From here on, however, there was an excellent path all the way between the Corbett and the Munro summits, being testament I suppose to the fact that these two hills are almost invariably done together. It was a surprisingly easy stoat down to the bealach at 718 metres, and then all the way back up to eventually reach Sgurr Mor's summit cairn. The final section got a bit rocky, but the path manages to avoid any real obstacles.
Gary managed to get this slightly hazy auto-timer shot of the whole group at the summit:
And yes, suspend your disbelief
- me at Sgurr Mor summit cairn:
Unfortunately, I then did a complete diddy thing on descent, and failed to get the compass out to take a bearing ... yes, I know, it should be the first thing you do when leaving a summit in Clag
. As a result, I failed to notice that the path forks just after leaving the summit cairn, and I ended up descending a short distance southwest on the excellent stalkers' path that crosses the southwestern Top, Sgurr Beag, and eventually goes right down into upper Glen Kingie. Luckily, I soon twigged that no-one had caught up with me yet (pretty much unheard-of), plus a break in the cloud showed the River Kingie to my left rather than to my right, so I belatedly got the map and compass out and realised what I'd done... Thankfully it didn't take me too long to get back to the summit cairn, where I picked up a voicemail on my phone from Pam to say 'We think you've gone the wrong way!'. I was soon reunited with the rest of the group a short distance down the east ridge.
As we made our way down the path to the bealach to start to climb Sgurr an Fhuarain for the second time, the Clag felt sorry for us and finally started to lift, revealing some wonderful views.
Looking back eastwards towards Sgurr an Fhuarain, with Gairich and Loch Quoich behind it:
Sgurr an Fhuarain again, but looking further south towards Lonely Glen Kingie, with the fascinating double ridge of the Corbett Sgurr Mhurlagain in the middle distance:
Looking back to Sgurr Mor itself, with the truly remote Corbetts of Sgurr a' Choire-Beithe and Ben Aden over its right shoulder ... and is that the Skye Cuillin a way out west in the distance??

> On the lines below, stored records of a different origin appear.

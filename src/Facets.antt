-- ===== src/Facets.antt =====
-- `FacetGraph` of crates/flow/src/flow.rs: the facets with their branches, and the files of their
-- scopes. The encoder of a branch is a parameter; a file is found by its scope, so that the handles
-- which the graph keeps of the files have no model.
pub mod Scopes
pub mod Saving
pub mod Restored
use rind.Prelude.{
  ℕ, ◌⊎◌, Bool, true, false, not, Option, none, some, List, [], ◌∷◌, ◌++◌, map, if◌then◌else◌, ◌==◌,
  ◌&&◌, ◌||◌, is_empty, filter,
}
use rind.Map
use rind.Map.{Map}
use rind.Text.{Text, codes, text_eq}
use rind.Text.Split.{contains, ends_with, rsplit_once}
use rind.Error.{CoreResult, ok, err}
use rind.Payload.{FlowPayload}
use rind.Matching.{FlowInstance, FlowType}
use rind.Persistence.{StateSnapshot, Libraries, Disk, Outcome, write_snapshot}
use rind.Persistence

abbrev pub Facets : Type 0
Facets = Map Text (List FlowInstance)

-- `encode_to_vec` and `decode_from_slice` of an instance; an encoding that fails is empty.
pub record EntryCodec : Type 0 where
  pub encode : FlowInstance → List ℕ
  pub decode : List ℕ → Option FlowInstance

-- `FlowInstance::from` of an entry
unfoldable pub from_entry : EntryCodec → List ℕ → FlowInstance
from_entry codec entry = elim (codec.decode entry) [
  | none ↦ record { name = []; payload = FlowPayload.none false; type = FlowType.facet }
  | some instance_ ↦ instance_
]

-- the branches of a loaded facet
unfoldable pub from_entries : EntryCodec → List (List ℕ) → List FlowInstance
unfolding from_entry
from_entries codec entries =
    filter (λ (x : FlowInstance). not (is_empty x.name)) (map (from_entry codec) entries)

unfoldable pub scope_from_state_name : Text → Text
scope_from_state_name name = elim (rsplit_once b'@' name) [ none ↦ codes "static" | some p ↦ p.1 ]

-- the test of the names that are not saved
unfoldable pub is_impermanent : Text → Bool
is_impermanent name = contains (codes "!@") name || ends_with (codes "!") name

unfoldable pub snapshot_for_persistence : EntryCodec → Facets → StateSnapshot
snapshot_for_persistence codec [] = []
snapshot_for_persistence codec ((name, states) ∷ facets) =
    let rest = snapshot_for_persistence codec facets in
    if is_impermanent name then rest else (name, map codec.encode states) ∷ rest

-- the facets that `drop_scope` retains
unfoldable pub retained : Text → Facets → Facets
retained scope facets =
    Map.retain
      (λ k v.
        (scope == codes "static" && not (contains (codes "@") k))
        || not (ends_with (b'@' ∷ scope) k))
      facets

-- the loop of `save_all_scopes` that gathers the snapshots
unfoldable pub per_scope : EntryCodec → Facets → Map Text StateSnapshot → Map Text StateSnapshot
per_scope codec [] acc = acc
per_scope codec ((name, branches) ∷ facets) acc =
    let scope = scope_from_state_name name in
    let added =
      Map.insert scope (Map.insert name (map codec.encode branches) (Map.get_or scope [] acc))
        acc in
    per_scope codec facets (if is_impermanent name then acc else added)

-- `entry(scope).or_default()`
unfoldable pub or_default : Text → Map Text StateSnapshot → Map Text StateSnapshot
or_default scope m = elim (Map.get scope m) [ none ↦ Map.insert scope [] m | some s ↦ m ]

-- The files by their scopes.
abbrev pub Files : Type 0
Files = Map Text Disk

-- `drop_scope`; whether the directory of the scope can be removed is given
unfoldable pub drop_scope : Text → Bool → Facets → Files → Facets × Files
unfolding retained
drop_scope scope removable facets files = (
  retained scope facets,
  (if scope == codes "static" || not removable then files else Map.remove scope files),
)

unfoldable pub file_of : Text → Files → Disk
file_of scope files = Map.get_or scope (record { target = none; tmp = none }) files

-- the loop of `save_all_scopes` that saves the snapshots; how far each save comes is given
unfoldable pub save_scopes :
    Libraries → (Text → Outcome) → Map Text StateSnapshot → Files → CoreResult (Unit {0}) × Files
unfolding file_of
save_scopes l outcomes [] files = (ok tt, files)
save_scopes l outcomes ((scope, snapshot) ∷ rest) files =
    let saved = write_snapshot l snapshot (outcomes scope) (file_of scope files) in
    let files' = Map.insert scope saved.1 files in
    let others = save_scopes l outcomes rest files' in
    elim saved.0 [ err e ↦ (err e, files') | ok u ↦ others ]

unfoldable pub save_all_scopes :
    Libraries → EntryCodec → (Text → Outcome) → Facets → Files → CoreResult (Unit {0}) × Files
unfolding per_scope or_default save_scopes
save_all_scopes l codec outcomes facets files =
    save_scopes l outcomes (or_default (codes "static") (per_scope codec facets [])) files

-- the facets of a loaded snapshot, put into the graph
unfoldable pub insert_loaded : EntryCodec → StateSnapshot → Facets → Facets
unfolding from_entries
insert_loaded codec [] facets = facets
insert_loaded codec ((name, entries) ∷ snapshot) facets =
    insert_loaded codec snapshot (Map.insert name (from_entries codec entries) facets)

unfoldable pub load_scope_from_persistence :
    Libraries → EntryCodec → Text → Files → Facets → CoreResult Facets
unfolding insert_loaded file_of
load_scope_from_persistence l codec scope files facets =
    elim (Persistence.load l (file_of scope files)) [
      | err e ↦ err e
      | ok snapshot ↦ ok (insert_loaded codec snapshot facets)
    ]

-- the loop over the directories of the scopes, which passes over what cannot be loaded
unfoldable pub load_scopes : Libraries → EntryCodec → List Text → Files → Facets → Facets
unfolding load_scope_from_persistence
load_scopes l codec [] files facets = facets
load_scopes l codec (scope ∷ scopes) files facets =
    let loaded : Facets = elim (load_scope_from_persistence l codec scope files facets) [
      | err e ↦ facets
      | ok next ↦ next
    ] in
    load_scopes l codec scopes files (if scope == codes "static" then facets else loaded)

unfoldable pub load_from_persistence :
    Libraries → EntryCodec → List Text → Files → CoreResult Facets
unfolding load_scopes
load_from_persistence l codec scopes files =
    elim (load_scope_from_persistence l codec (codes "static") files []) [
      | err e ↦ err e
      | ok facets ↦ ok (load_scopes l codec scopes files facets)
    ]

A long pano shot from the now-Clag-free summit of Sgurr an Fhuarain, all the way from the pointy Munro summit of Sgurr na Ciche, visible just over Sgurr Mor's left shoulder, all the way round to Sgurr Mhurlagain on the right:
... And a fine vista back to Sgurr Mor and distant Sgurr na Ciche, inevitably ruined by some idiots in the foreground
:
Finally, another pano shot (one of Gary's this time) right down Lonely Glen Kingie, with Sgurr Mhurlagain's big northern corrie and double ridge looking very dramatic from this angle:
Now all that remained was the minor matter of descending Sgurr an Fhuarain's pathless east ridge back to Base Camp, de-camping and lugging our backpacks away back east down Lonely Glen Kingie to the Loch Quoich dam
. To add to the fun, I managed to avoid falling in the bit of deep bog I'd landed in on the way out, but then I relaxed a bit too soon in my relief, and promptly fell in an even more vicious bit of bog up to my oxters, just a few hundred metres further north up the path
... Ah well, at least I couldn't get any wetter after this, so when the forecast heavy rain did eventually arrive (much later than the forecast, actually, around 4 p.m. or thereabouts), it wasn't really any great inconvenience! I was a good half an hour behind the others by the time we got back to the car park, and I think I gave them a bit of a turn when I knocked on the window of Pam & Gary's van looking like Swamp Thing
... Fortunately a change of clothes followed by a cup of tea and a Tunnock's Caramel Log soon got me feeling more human again
!
A truly memorable outing, and I've just about managed to get dried out by now!